The next question is: if I want to earn this much from a monthly compounding rate, what would that rate be? Just take the 12th root of the effective annual rate: 1 - 1.08680625^(1/12), or 0.6961062% per payment period.

This is the interest rate to use in the formula you chose to use.

Now, the most common formula to use involves an ordinary annuity, which, as you correctly note, requires the first payment one payment period after the disbursement. The problem you post has the first payment occurring one year, or twelve payment periods after disbursement. So you need to use the formula for compounding a single amount forward 11 periods; the \$100,000 grows by (1.006961062^11) to \$107,929.32

You now are perfectly situated to use the formula for an ordinary annuity: you have the new principal (one month before the first repayment), monthly interest rate, and number of payments to fit with the formula, to get the regular payment.

• hi @User58220 May I ask if you got \$1329.71 for Monthly Payments. I just swapped out The Principal values from \$100,000 to \$107,929.32. I think i'm going wrong slightly here, I have the final payment working out to \$2162.62. Usually it zeroes out or is off slightly which is why I think I'm wrong. Commented Sep 8, 2014 at 17:13
• Yes, 1329.71 is the correct regular payment for the loan repayment as specified... Commented Sep 8, 2014 at 18:10
• Hi @User58220, I'm Using Actual/Actual Calculations and trying to get the value you got (\$107,929.32). I Converted Effected Annual Rate to Daily Rate 1.08680625^(1/365) and raised that by the amount of days that passed (365 days) - 1 * balance. I expected it to give me \$107,929.32 but instead it gave me \$8680.6 but if I raise it to 334 days (subtract 1 month) I get a closer value 7914.964593, but it puzzles me why I would have to subtract one month. Commented Sep 8, 2014 at 19:44
• The OP specified monthly payments, and thus monthly compounding. If you apply a daily rate/compounding and thus take into account the variable length of each month, then no formula will be of any use; you'll need a spreadsheet 4,000 rows deep... Commented Sep 8, 2014 at 19:57
• I'm doing this through c# programmatically and iteratively. If I can get the steps I can get it. Commented Sep 8, 2014 at 20:09

There are a few ways to handle this:

Note: Monthly payments may vary a bit due to a monthly compounding frequency

1. Amortize the loan amount plus the interest accrued through the deferment period (\$108,500) for 120 months, with payments due Feb 1 2015 through Jan 1 2025. This gets you around \$1346/mo.
2. Amortize the loan amount plus the interest accrued through the deferment period (\$108,500) for 108 months, with payments due Feb 1 2015 through Jan 1 2024 (Makes the entire loan time 120 months, with the 12-month deferment). This gets you around \$1440/mo.
3. Amortize the loan amount for 120 months, with payments due Feb 1 2015 through Jan 1 2015, and collect an additional \$8,500 at closing to account for the interest accrued during the delayed payments. This gets you around \$1239/mo.
4. Amortize the loan amount for 120 months, with payments due Feb 1 2015 through Jan 1 2015, and run a 12-month interest-only loan for \$100,000 with payments due Feb 1 2014 through Jan 1 2015. This gets you around \$1239/mo for the full payments and \$708.33/mo for the interest-only payments.

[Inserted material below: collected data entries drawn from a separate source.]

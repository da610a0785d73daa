-- ===== src/GtidManager/Reach.antt =====
-- Every history of marking, saving, purging and restarting keeps the cached sequences and the file in
-- order.
pub mod Steps
pub mod History
use Prim.Native.Nat.{max}
use oblogproxy.Common.{
  ℕ, zero, suc, ◌+◌, ◌-◌, ◌/◌, ◌%◌, ◌^◌, ◌≤◌, ◌<◌, ◌≡◌, ◌≢◌, refl, sym, ap, subst, ◌∙◌, List, [],
  ◌∷◌, ◌++◌, append-nil, append_assoc, Bool, true, false, Bool-cases, inl, inr, not, ◌&&◌, ◌||◌,
  if◌then◌else◌, ltb, leb, ◌==◌, Option, none, some, All, arith,
}
use oblogproxy.Text.Split.{All-map, All-append}
use oblogproxy.Text.Decimal.{to_string, IsDigit, to_string-IsDigit}
use oblogproxy.Text.Lines.{newline, lines, unlines, IsLine, lines-unlines, unlines-append}
use oblogproxy.GtidManager.Seq.{
  GtidSeq, no_gtid_seq, serialize, deserialize, IsXid, IsPrintable, deserialize-serialize,
}
use oblogproxy.GtidManager.State.{
  GtidManager, Config, GtidIo, mark_event, drop_outdated, is_skipped, save_gtid_seq, filter_lines,
  rewrite_gtid_file, update_gtid_purged, update_gtid_executed, purge_gtid_before, is_outdated,
  clear_outdated_heartbeat_gtid_seqs_periodically, save_all, compressed, is_due,
  compress_and_save_gtid_seq,
}
use oblogproxy.GtidManager.Restart.{load_lines, init_gtid_seq, new_gtid_manager}

-- A sequence that the file can hold: printable, and on one line.
pub record IsKept (s : GtidSeq) : Type 0 where
  pub printable : IsPrintable s
  pub one_line : IsLine s.xid_start

-- A line of the file, and an entry of the cache: the text of a sequence, with its version.
abbrev pub IsStored : List ℕ → Type 0
IsStored line = (s : GtidSeq) × IsKept s × (line ≡ serialize s)

abbrev pub IsCached : ℕ × List ℕ → Type 0
IsCached entry =
    (s : GtidSeq) × IsKept s × (entry.0 ≡ s.commit_version_start) × (entry.1 ≡ serialize s)

pub record IsSound (m : GtidManager) : Type 0 where
  pub hb_fits : m.curr_hb_checkpoint < 2 ^ 63
  pub trx_fits : m.curr_trx_checkpoint < 2 ^ 63
  pub count_fits : m.nof_trx < 2 ^ 63
  pub checkpoints : All IsKept m.gtid_checkpoint_set
  pub cache : All IsCached m.gtid_seq_set
  pub file : (ls : List (List ℕ)) × (m.gtid_file ≡ unlines ls) × All IsStored ls

serialize-IsLine : (s : GtidSeq) → IsKept s → IsLine (serialize s)
unfolding serialize
serialize-IsLine s k = piece (to_string s.commit_version_start) _ (number s.commit_version_start) (
    piece s.xid_start _ k.one_line
      (piece (to_string s.gtid_start) _ (number s.gtid_start) (number s.trxs_num)))
  where
    number : (n : ℕ) → IsLine (to_string n)
    number n =
        All-map IsDigit (λ b. b ≢ newline) (to_string n) (λ b h. omega arith) (to_string-IsDigit n)

    piece : (t rest : List ℕ) → IsLine t → IsLine rest → IsLine (t ++ b'#' ∷ rest)
    piece t rest h hs = All-append (λ b. b ≢ newline) t (b'#' ∷ rest) h (omega arith, hs)

IsStored-IsLine : (ls : List (List ℕ)) → All IsStored ls → All IsLine ls
IsStored-IsLine ls = All-map IsStored IsLine ls (λ l h. rw h.2 (serialize-IsLine h.0 h.1))

drop_outdated-All :
    (cache_seconds current : ℕ) (entries : List (ℕ × List ℕ))
    → All IsCached entries
    → All IsCached (drop_outdated cache_seconds current entries)
unfolding drop_outdated
drop_outdated-All cache_seconds current [] h = tt
drop_outdated-All cache_seconds current (entry ∷ entries) (h, hs) =
    ground (arith, h, hs, drop_outdated-All cache_seconds current entries hs)

unlines_one : (l : List ℕ) → unlines (l ∷ []) ≡ l ++ newline ∷ []
unfolding unlines
unlines_one l = refl

-- A save keeps the state sound, and changes neither the clocks nor the count nor the marks.
module _ (config : Config) (io : GtidIo) (s : GtidSeq) (m : GtidManager) (k : IsKept s)
    (h : IsSound m) where
  cache_after : All IsCached (
      drop_outdated config.gtid_memory_cache_seconds s.commit_version_start m.gtid_seq_set
      ++ (s.commit_version_start, serialize s) ∷ [])
  cache_after =
      All-append IsCached _ ((s.commit_version_start, serialize s) ∷ [])
        (drop_outdated-All config.gtid_memory_cache_seconds s.commit_version_start m.gtid_seq_set
          h.cache)
        ((s, k, refl, refl), tt)

  file_after :
      (ls : List (List ℕ)) × ((m.gtid_file ++ (serialize s ++ newline ∷ [])) ≡ unlines ls)
      × All IsStored ls
  file_after = (
    h.file.0 ++ serialize s ∷ [],
    ap (λ t. t ++ (serialize s ++ newline ∷ [])) h.file.1
        ∙ sym (
            unlines-append h.file.0 (serialize s ∷ [])
            ∙ ap (λ t. unlines h.file.0 ++ t) (unlines_one (serialize s))),
    All-append IsStored h.file.0 (serialize s ∷ []) h.file.2 ((s, k, refl), tt),
  )

  pub save_gtid_seq-IsSound : IsSound (save_gtid_seq config io s m).0
  unfolding save_gtid_seq
  save_gtid_seq-IsSound = elim (Bool-cases (is_skipped s m)) [
    | inl skipped ↦ rw skipped h
    | inr later ↦ elim (Bool-cases (io.appends (serialize s))) [
      | inl appended ↦
          rw (later, appended)
            (record {
              hb_fits = h.hb_fits;
              trx_fits = h.trx_fits;
              count_fits = h.count_fits;
              checkpoints = h.checkpoints;
              cache = cache_after;
              file = file_after;
            })
      | inr refused ↦
          rw (later, refused)
            (record {
              hb_fits = h.hb_fits;
              trx_fits = h.trx_fits;
              count_fits = h.count_fits;
              checkpoints = h.checkpoints;
              cache = cache_after;
              file = h.file;
            })
    ]
  ]

pub save_all-IsSound :
    (config : Config) (io : GtidIo) (ss : List GtidSeq) (m : GtidManager)
    → All IsKept ss
    → IsSound m
    → IsSound (save_all config io ss m)
unfolding save_all
save_all-IsSound config io [] m ks h = h
save_all-IsSound config io (s ∷ ss) m (k, ks) h =
    save_all-IsSound config io ss (save_gtid_seq config io s m).0 ks
      (save_gtid_seq-IsSound config io s m k h)

filter_lines-Stored :
    (test : GtidSeq → Bool) (ls : List (List ℕ)) (checkpoint : ℕ)
    → All IsStored ls
    → All IsStored (filter_lines test ls checkpoint).0
unfolding filter_lines
filter_lines-Stored test [] checkpoint h = tt
filter_lines-Stored test (line ∷ ls) checkpoint (h, hs) =
    elim (Bool-cases (test (deserialize no_gtid_seq line))) [
      | inl stays ↦ rw stays (h, filter_lines-Stored test ls _ hs)
      | inr goes ↦ rw goes (filter_lines-Stored test ls _ hs)
    ]

pub file-Stored : (m : GtidManager) → IsSound m → All IsStored (lines m.gtid_file)
file-Stored m h = let (ls, e, hs) = h.file in rw (e, lines-unlines ls (IsStored-IsLine ls hs)) hs

pub rewrite_gtid_file-IsSound :
    (io : GtidIo) (test : GtidSeq → Bool) (update : Bool) (m : GtidManager)
    → IsSound m
    → IsSound (rewrite_gtid_file io test update m)
unfolding rewrite_gtid_file
rewrite_gtid_file-IsSound io test update m h = elim (Bool-cases io.opens) [
  | inr shut ↦ rw shut h
  | inl opened ↦ rw opened (record {
    hb_fits = h.hb_fits;
    trx_fits = h.trx_fits;
    count_fits = h.count_fits;
    checkpoints = h.checkpoints;
    cache = h.cache;
    file = elim (Bool-cases io.renames) [
      | inl renamed ↦ (
        (filter_lines test (lines m.gtid_file) 0).0,
        rw renamed refl,
        filter_lines-Stored test (lines m.gtid_file) 0 (file-Stored m h),
      )
      | inr stays ↦ (h.file.0, rw stays h.file.1, h.file.2)
    ];
  })
]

You will need to speak with your lender to get the specifics of how they're calculating your monthly payment

The payment should definitely be different.

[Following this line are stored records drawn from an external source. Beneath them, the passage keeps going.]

-- ===== src/GtidManager/Reach/Steps.antt =====
-- The steps of a history, and what the single steps keep.
use oblogproxy.Common.{
  ℕ, ◌+◌, ◌/◌, ◌%◌, ◌^◌, ◌<◌, ◌≡◌, ap, ◌∙◌, List, [], ◌∷◌, Bool, true, false, Bool-cases, inl, inr,
  ltb, ◌==◌, All, arith,
}
use oblogproxy.Text.Split.{All-append}
use oblogproxy.Text.Lines.{lines, IsLine}
use oblogproxy.GtidManager.Seq.{GtidSeq, no_gtid_seq, deserialize, IsXid, deserialize-serialize}
use oblogproxy.GtidManager.State.{
  GtidManager, Config, GtidIo, sub_uint64, outlives, mark_event, update_gtid_executed,
  purge_gtid_before, is_outdated, clear_outdated_heartbeat_gtid_seqs_periodically, compressed,
  compress_and_save_gtid_seq,
}
use oblogproxy.GtidManager.Restart.{
  load_lines, init_gtid_seq, new_gtid_manager, init_start_timestamp,
}
use oblogproxy.GtidManager.Reach.{
  IsKept, IsStored, IsCached, IsSound, file-Stored, rewrite_gtid_file-IsSound,
}

-- A transaction as the file can hold it: its id has neither '#' nor NUL nor newline, and its number
-- is below 2 ^ 63.
pub record IsTrx (trx : List ℕ × ℕ) : Type 0 where
  pub inside : IsXid trx.0
  pub one_line : IsLine trx.0
  pub fits : trx.1 < 2 ^ 63

-- What a process does: it marks an event, and there are fewer than 2 ^ 63 transactions between two
-- saves; it saves, purges, and takes in an executed GTID; it stops, and another one starts on the file.
-- Each call of the file system may fail.
pub data Step (config : Config) (m : GtidManager) : GtidManager → Type 0 where
  marked :
      (is_heartbeat : Bool) (checkpoint : ℕ) (trx : List ℕ × ℕ)
      → checkpoint < 2 ^ 64
      → IsTrx trx
      → m.nof_trx + 1 < 2 ^ 63
      → Step config m (mark_event config is_heartbeat checkpoint trx m)
  compressed_and_saved :
      (io : GtidIo) (trx : List ℕ × ℕ)
      → IsTrx trx
      → Step config m (compress_and_save_gtid_seq config io trx m)
  purged : (io : GtidIo) (gtid : ℕ) → Step config m (purge_gtid_before config io gtid m)
  executed : (gtid : ℕ) → Step config m (update_gtid_executed config gtid m)
  restarted :
      (opens : Bool) (now_s since : ℕ)
      → Step config m (
          init_start_timestamp since
            (init_gtid_seq config opens now_s (new_gtid_manager m.gtid_file)))

pub data Reach (config : Config) : GtidManager → Type 0 where
  start : Reach config (new_gtid_manager [])
  next : {m n : GtidManager} → Reach config m → Step config m n → Reach config n

pub mark_event-IsSound :
    (config : Config) (is_heartbeat : Bool) (checkpoint : ℕ) (trx : List ℕ × ℕ) (m : GtidManager)
    → checkpoint < 2 ^ 64
    → IsTrx trx
    → m.nof_trx + 1 < 2 ^ 63
    → IsSound m
    → IsSound (mark_event config is_heartbeat checkpoint trx m)
unfolding mark_event
mark_event-IsSound config true checkpoint trx m fits t few h = record {
  hb_fits = omega arith;
  trx_fits = h.trx_fits;
  count_fits = h.count_fits;
  checkpoints = h.checkpoints;
  cache = h.cache;
  file = h.file;
}
mark_event-IsSound config false checkpoint trx m fits t few h = record {
  hb_fits = h.hb_fits;
  trx_fits = omega arith;
  count_fits = omega arith;
  checkpoints = elim (Bool-cases (trx.1 % config.gtid_marking_step_size == 0)) [
    | inl due ↦ rw due (All-append IsKept m.gtid_checkpoint_set _ h.checkpoints (kept, tt))
    | inr early ↦ rw early h.checkpoints
  ];
  cache = h.cache;
  file = h.file;
}
  where
    kept : IsKept (record {
      commit_version_start = checkpoint / 1000000;
      xid_start = trx.0;
      gtid_start = trx.1;
      trxs_num = 0;
    })
    kept = record {
      printable = record {
        version_fits = omega arith;
        gtid_fits = t.fits;
        trxs_fits = omega arith;
        xid_inside = t.inside;
      };
      one_line = t.one_line;
    }

pub compressed-IsKept :
    (trx : List ℕ × ℕ) (m : GtidManager) → IsTrx trx → IsSound m → IsKept (compressed trx m)
compressed-IsKept trx m t h = record {
  printable = record {
    version_fits = ground (arith, h.trx_fits, h.hb_fits);
    gtid_fits = t.fits;
    trxs_fits = h.count_fits;
    xid_inside = elim (Bool-cases (ltb 0 m.nof_trx)) [
      | inl some_trx ↦ rw some_trx t.inside
      | inr heartbeat ↦ rw heartbeat tt
    ];
  };
  one_line = elim (Bool-cases (ltb 0 m.nof_trx)) [
    | inl some_trx ↦ rw some_trx t.one_line
    | inr heartbeat ↦ rw heartbeat tt
  ];
}

pub clear_outdated-IsSound :
    (config : Config) (io : GtidIo) (current : ℕ) (m : GtidManager)
    → IsSound m
    → IsSound (clear_outdated_heartbeat_gtid_seqs_periodically config io current m)
unfolding clear_outdated_heartbeat_gtid_seqs_periodically
clear_outdated-IsSound config io current m h = elim (Bool-cases (is_outdated config current m)) [
  | inr recent ↦ rw recent h
  | inl outdated ↦ rw outdated (
      rewrite_gtid_file-IsSound io (outlives (sub_uint64 current config.binlog_expire_logs_seconds))
        false
        (record m { last_checkpoint_purged = sub_uint64 current config.binlog_expire_logs_seconds })
        (record {
          hb_fits = h.hb_fits;
          trx_fits = h.trx_fits;
          count_fits = h.count_fits;
          checkpoints = h.checkpoints;
          cache = h.cache;
          file = h.file;
        }))
]

load_lines-Cached :
    (config : Config) (last : ℕ) (ls : List (List ℕ)) (local : GtidSeq) (purged' : ℕ)
    → All IsStored ls
    → All IsCached (load_lines config last ls local purged').cached
unfolding load_lines
load_lines-Cached config last [] local purged' h = tt
load_lines-Cached config last (line ∷ ls) local purged' ((s, k, e), hs) =
    let read : deserialize local line ≡ s =
      ap (deserialize local) e ∙ deserialize-serialize local s k.printable in
    let version : (deserialize local line).commit_version_start ≡ s.commit_version_start =
      ap (λ t. t.commit_version_start) read in
    let rest = load_lines-Cached config last ls (deserialize local line) _ hs in
    elim (Bool-cases (
      ltb (sub_uint64 last (deserialize local line).commit_version_start)
        config.gtid_memory_cache_seconds)) [
          | inl near ↦ rw near ((s, k, version, e), rest)
          | inr far ↦ rw far rest
        ]

pub init_gtid_seq-IsSound :
    (config : Config) (opens : Bool) (now_s since : ℕ) (m : GtidManager)
    → IsSound m
    → IsSound (
        init_start_timestamp since
          (init_gtid_seq config opens now_s (new_gtid_manager m.gtid_file)))
unfolding init_start_timestamp init_gtid_seq
init_gtid_seq-IsSound config false now_s since m h = record {
  hb_fits = omega arith;
  trx_fits = omega arith;
  count_fits = omega arith;
  checkpoints = tt;
  cache = tt;
  file = h.file;
}
init_gtid_seq-IsSound config true now_s since m h = record {
  hb_fits = omega arith;
  trx_fits = omega arith;
  count_fits = omega arith;
  checkpoints = tt;
  cache = load_lines-Cached config _ (lines m.gtid_file) no_gtid_seq 0 (file-Stored m h);
  file = h.file;
}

To know how you want to change things, what agreement do you have from now until the first payment?

Is there 0 interest during that time? Is there some interest during that time? Is the loan still due 100% at the end of 10 years? Or is it going to close 10 years after the first payment?

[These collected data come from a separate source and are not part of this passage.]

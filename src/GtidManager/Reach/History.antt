-- ===== src/GtidManager/Reach/History.antt =====
-- What every history keeps.
use Prim.Native.Nat.{max}
use oblogproxy.Common.{
  ℕ, ◌≡◌, refl, sym, ap, ◌∙◌, List, [], true, Bool-cases, inl, inr, ltb, All, arith,
}
use oblogproxy.Text.Split.{All-map}
use oblogproxy.Text.Lines.{lines, unlines}
use oblogproxy.GtidManager.Seq.{GtidSeq, serialize, deserialize, deserialize-serialize}
use oblogproxy.GtidManager.State.{
  GtidManager, Config, GtidIo, update_gtid_purged, update_gtid_executed, purge_gtid_before,
  save_all, compressed, is_due, compress_and_save_gtid_seq,
}
use oblogproxy.GtidManager.Restart.{new_gtid_manager}
use oblogproxy.GtidManager.Reach.{
  IsStored, IsCached, IsSound, save_gtid_seq-IsSound, save_all-IsSound, file-Stored,
  rewrite_gtid_file-IsSound,
}
use oblogproxy.GtidManager.Reach.Steps.{
  IsTrx, Step, marked, compressed_and_saved, purged, executed, restarted, Reach, start, next,
  mark_event-IsSound, compressed-IsKept, clear_outdated-IsSound, init_gtid_seq-IsSound,
}

compress-IsSound :
    (config : Config) (io : GtidIo) (trx : List ℕ × ℕ) (m : GtidManager)
    → IsTrx trx
    → IsSound m
    → IsSound (compress_and_save_gtid_seq config io trx m)
unfolding compress_and_save_gtid_seq
compress-IsSound config io trx m t h = elim (Bool-cases (is_due config high saved)) [
  | inr early ↦ rw early sound
  | inl due ↦ rw due (
      clear_outdated-IsSound config io high _ (
        let s =
          save_gtid_seq-IsSound config io (compressed trx saved) saved
            (compressed-IsKept trx saved t sound) sound in
        record {
          hb_fits = s.hb_fits;
          trx_fits = s.trx_fits;
          count_fits = omega arith;
          checkpoints = s.checkpoints;
          cache = s.cache;
          file = s.file;
        }))
]
  where
    saved : GtidManager
    saved = record (save_all config io m.gtid_checkpoint_set m) { gtid_checkpoint_set = [] }

    high : ℕ
    high = max saved.curr_hb_checkpoint saved.curr_trx_checkpoint

    sound : IsSound saved
    sound =
        let s = save_all-IsSound config io m.gtid_checkpoint_set m h.checkpoints h in
        record {
          hb_fits = s.hb_fits;
          trx_fits = s.trx_fits;
          count_fits = s.count_fits;
          checkpoints = tt;
          cache = s.cache;
          file = s.file;
        }

purge-IsSound :
    (config : Config) (io : GtidIo) (gtid : ℕ) (m : GtidManager)
    → IsSound m
    → IsSound (purge_gtid_before config io gtid m)
unfolding purge_gtid_before update_gtid_purged
purge-IsSound config io gtid m h =
    let s = rewrite_gtid_file-IsSound io (λ t. ltb gtid t.gtid_start) true m h in
    record {
      hb_fits = s.hb_fits;
      trx_fits = s.trx_fits;
      count_fits = s.count_fits;
      checkpoints = s.checkpoints;
      cache = s.cache;
      file = s.file;
    }

Step-IsSound : (config : Config) {m n : GtidManager} → Step config m n → IsSound m → IsSound n
Step-IsSound config {m} (marked is_heartbeat checkpoint trx fits t few) h =
    mark_event-IsSound config is_heartbeat checkpoint trx m fits t few h
Step-IsSound config {m} (compressed_and_saved io trx t) h = compress-IsSound config io trx m t h
Step-IsSound config {m} (purged io gtid) h = purge-IsSound config io gtid m h
Step-IsSound config {m} (executed gtid) h = executed_sound
  where
    executed_sound : IsSound (update_gtid_executed config gtid m)
    executed_sound =
        unfold update_gtid_executed in
        record {
          hb_fits = h.hb_fits;
          trx_fits = h.trx_fits;
          count_fits = h.count_fits;
          checkpoints = h.checkpoints;
          cache = h.cache;
          file = h.file;
        }
Step-IsSound config {m} (restarted opens now_s since) h =
    init_gtid_seq-IsSound config opens now_s since m h

new-IsSound : IsSound (new_gtid_manager [])
new-IsSound = record {
  hb_fits = omega arith;
  trx_fits = omega arith;
  count_fits = omega arith;
  checkpoints = tt;
  cache = tt;
  file = ([], unfold unlines in refl, tt);
}

pub Reach-IsSound : (config : Config) {m : GtidManager} → Reach config m → IsSound m
Reach-IsSound config start = new-IsSound
Reach-IsSound config (next r s) = Step-IsSound config s (Reach-IsSound config r)

-- In every history of steps from an empty file, failed writes and restarts included, each sequence
-- in memory is kept under its own version, and each line of the file, read into any object, is
-- written again as the same line.
pub Reach-reads_back :
    (config : Config) (m : GtidManager) (old : GtidSeq)
    → Reach config m
    → All (λ entry. (deserialize old entry.1).commit_version_start ≡ entry.0) m.gtid_seq_set
      × All (λ line. serialize (deserialize old line) ≡ line) (lines m.gtid_file)
Reach-reads_back config m old r =
    let h = Reach-IsSound config r in
    (
      All-map IsCached _ m.gtid_seq_set
          (λ entry c.
            ap (λ t. (deserialize old t).commit_version_start) c.3
            ∙ ap (λ t. t.commit_version_start) (deserialize-serialize old c.0 c.1.printable)
            ∙ sym c.2)
          h.cache,
      All-map IsStored _ (lines m.gtid_file)
          (λ line c.
            ap (λ t. serialize (deserialize old t)) c.2
            ∙ ap serialize (deserialize-serialize old c.0 c.1.printable)
            ∙ sym c.2)
          (file-Stored m h),
    )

You have to figure out how you want to have this loan organized.

Some options:

1. 0% interest until first payment which seems overly generous. 10 year repayment starting at first payment. Make 120 payments of \$1232.02

2. 8.5% interest for 11 months, recapitalized. \$7791 extra interest so you are borrowing \$107,791 instead of \$100. Then do a 10 year repayment so it adds ~ \$37 per payment or \$1269 for 120 payments.

And many more options. Decide what you want to be fixed and go from there.